### EXERCISE GOAL
How many of the lines below hold the word "record"? Answer only with the number.

Dataset entries
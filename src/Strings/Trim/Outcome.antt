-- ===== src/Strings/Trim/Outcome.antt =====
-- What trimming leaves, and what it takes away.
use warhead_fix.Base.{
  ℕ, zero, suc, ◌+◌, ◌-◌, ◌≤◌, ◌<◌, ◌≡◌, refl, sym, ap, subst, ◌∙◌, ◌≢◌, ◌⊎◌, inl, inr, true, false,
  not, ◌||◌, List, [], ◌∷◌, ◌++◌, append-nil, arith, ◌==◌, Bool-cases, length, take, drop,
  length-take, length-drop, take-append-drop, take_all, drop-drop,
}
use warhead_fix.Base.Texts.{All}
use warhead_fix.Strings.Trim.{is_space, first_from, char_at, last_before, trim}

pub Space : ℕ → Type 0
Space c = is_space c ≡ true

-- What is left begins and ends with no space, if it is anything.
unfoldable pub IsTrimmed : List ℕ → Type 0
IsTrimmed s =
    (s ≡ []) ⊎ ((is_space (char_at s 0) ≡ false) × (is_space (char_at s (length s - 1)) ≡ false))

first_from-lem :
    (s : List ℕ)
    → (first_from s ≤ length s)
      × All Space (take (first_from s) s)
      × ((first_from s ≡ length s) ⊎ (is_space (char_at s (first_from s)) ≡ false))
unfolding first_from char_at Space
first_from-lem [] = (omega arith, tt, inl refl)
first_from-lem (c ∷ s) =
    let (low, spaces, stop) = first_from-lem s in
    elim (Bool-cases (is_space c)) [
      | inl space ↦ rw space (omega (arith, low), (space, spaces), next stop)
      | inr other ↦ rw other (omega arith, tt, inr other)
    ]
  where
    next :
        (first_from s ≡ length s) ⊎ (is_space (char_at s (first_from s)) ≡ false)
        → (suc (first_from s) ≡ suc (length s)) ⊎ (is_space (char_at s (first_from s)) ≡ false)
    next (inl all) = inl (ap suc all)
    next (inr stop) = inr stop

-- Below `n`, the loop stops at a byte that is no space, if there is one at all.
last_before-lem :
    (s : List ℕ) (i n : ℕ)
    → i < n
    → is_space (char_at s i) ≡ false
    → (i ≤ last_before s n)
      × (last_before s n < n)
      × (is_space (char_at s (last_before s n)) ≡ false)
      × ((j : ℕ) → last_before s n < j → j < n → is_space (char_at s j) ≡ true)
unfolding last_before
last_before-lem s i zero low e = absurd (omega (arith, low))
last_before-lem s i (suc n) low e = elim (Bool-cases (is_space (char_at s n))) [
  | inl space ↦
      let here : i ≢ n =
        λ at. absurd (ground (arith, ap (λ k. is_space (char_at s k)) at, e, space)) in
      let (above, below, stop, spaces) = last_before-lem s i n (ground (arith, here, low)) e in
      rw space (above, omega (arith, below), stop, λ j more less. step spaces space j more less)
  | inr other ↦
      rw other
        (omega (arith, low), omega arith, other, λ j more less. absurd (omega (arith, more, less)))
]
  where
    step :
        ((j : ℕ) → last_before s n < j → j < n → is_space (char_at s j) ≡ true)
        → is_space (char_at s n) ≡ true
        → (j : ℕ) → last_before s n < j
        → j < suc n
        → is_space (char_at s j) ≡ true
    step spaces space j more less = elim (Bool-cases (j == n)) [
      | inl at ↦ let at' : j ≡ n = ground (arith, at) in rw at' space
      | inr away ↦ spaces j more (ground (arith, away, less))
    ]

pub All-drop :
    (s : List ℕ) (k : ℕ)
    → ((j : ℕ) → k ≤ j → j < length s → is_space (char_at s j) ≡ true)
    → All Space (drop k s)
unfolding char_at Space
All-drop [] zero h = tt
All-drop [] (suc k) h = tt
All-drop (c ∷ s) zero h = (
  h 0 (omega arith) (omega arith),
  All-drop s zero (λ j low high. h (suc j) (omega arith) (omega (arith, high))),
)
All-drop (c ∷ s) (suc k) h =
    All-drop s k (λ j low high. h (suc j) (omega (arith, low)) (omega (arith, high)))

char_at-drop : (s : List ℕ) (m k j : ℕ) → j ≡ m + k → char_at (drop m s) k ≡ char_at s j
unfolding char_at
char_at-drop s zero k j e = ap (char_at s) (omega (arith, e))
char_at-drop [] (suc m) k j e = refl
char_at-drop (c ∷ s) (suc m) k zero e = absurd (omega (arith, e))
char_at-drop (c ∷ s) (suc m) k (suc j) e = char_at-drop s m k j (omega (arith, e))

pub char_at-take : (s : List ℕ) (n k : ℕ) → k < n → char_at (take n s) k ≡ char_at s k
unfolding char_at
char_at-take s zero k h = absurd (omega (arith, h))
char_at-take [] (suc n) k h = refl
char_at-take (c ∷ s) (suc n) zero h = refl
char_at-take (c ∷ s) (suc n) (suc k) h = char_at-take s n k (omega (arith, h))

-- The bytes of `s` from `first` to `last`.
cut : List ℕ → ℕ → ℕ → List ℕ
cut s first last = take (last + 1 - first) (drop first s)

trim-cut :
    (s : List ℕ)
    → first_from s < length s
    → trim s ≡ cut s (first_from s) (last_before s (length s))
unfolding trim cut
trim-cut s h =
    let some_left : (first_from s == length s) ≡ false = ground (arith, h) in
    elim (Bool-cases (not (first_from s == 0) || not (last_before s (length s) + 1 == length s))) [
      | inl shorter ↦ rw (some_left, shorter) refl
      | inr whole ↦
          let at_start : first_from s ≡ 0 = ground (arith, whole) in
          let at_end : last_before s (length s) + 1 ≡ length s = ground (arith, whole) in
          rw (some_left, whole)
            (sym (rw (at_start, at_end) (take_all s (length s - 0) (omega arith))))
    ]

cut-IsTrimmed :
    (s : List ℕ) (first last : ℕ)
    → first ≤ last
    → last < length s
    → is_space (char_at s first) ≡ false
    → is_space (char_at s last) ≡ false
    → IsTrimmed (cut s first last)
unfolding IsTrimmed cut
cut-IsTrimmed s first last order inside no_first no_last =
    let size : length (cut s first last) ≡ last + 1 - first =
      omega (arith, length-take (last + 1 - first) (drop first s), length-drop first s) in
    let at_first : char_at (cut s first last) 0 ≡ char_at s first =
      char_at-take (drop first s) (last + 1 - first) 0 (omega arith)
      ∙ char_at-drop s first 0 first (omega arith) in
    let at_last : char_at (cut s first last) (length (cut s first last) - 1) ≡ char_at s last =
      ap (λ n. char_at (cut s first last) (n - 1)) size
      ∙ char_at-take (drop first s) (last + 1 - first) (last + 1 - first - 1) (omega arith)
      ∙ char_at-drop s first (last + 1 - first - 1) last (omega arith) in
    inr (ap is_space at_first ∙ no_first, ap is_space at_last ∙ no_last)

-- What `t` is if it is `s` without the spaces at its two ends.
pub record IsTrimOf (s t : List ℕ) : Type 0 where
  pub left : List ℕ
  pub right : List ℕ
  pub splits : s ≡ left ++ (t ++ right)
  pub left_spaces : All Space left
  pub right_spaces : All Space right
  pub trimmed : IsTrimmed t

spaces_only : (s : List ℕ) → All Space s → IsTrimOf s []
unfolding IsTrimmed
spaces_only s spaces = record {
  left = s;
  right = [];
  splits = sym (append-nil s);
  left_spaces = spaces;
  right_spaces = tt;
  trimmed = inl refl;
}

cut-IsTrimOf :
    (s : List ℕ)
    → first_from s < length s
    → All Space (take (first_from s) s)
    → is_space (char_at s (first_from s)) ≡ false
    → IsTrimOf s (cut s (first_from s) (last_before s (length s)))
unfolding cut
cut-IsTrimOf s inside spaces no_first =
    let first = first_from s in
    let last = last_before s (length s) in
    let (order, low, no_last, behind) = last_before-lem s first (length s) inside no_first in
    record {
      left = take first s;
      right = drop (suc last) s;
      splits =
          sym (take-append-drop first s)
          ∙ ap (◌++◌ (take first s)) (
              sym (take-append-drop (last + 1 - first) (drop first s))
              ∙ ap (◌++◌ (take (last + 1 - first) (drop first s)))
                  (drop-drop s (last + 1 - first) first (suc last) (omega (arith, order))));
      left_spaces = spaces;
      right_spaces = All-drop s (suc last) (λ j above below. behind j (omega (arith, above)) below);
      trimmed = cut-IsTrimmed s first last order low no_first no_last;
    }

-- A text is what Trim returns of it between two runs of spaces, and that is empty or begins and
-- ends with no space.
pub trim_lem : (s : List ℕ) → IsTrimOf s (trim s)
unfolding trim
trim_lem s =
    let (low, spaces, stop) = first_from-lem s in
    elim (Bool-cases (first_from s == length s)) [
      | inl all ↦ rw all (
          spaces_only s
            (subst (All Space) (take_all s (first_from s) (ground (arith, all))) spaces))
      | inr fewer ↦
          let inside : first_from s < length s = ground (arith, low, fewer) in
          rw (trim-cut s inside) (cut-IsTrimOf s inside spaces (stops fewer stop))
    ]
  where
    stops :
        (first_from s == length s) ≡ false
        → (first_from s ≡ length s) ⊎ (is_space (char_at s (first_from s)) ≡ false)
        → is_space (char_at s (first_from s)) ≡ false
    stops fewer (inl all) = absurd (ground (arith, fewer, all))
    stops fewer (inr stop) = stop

### RESPONSE AREA
3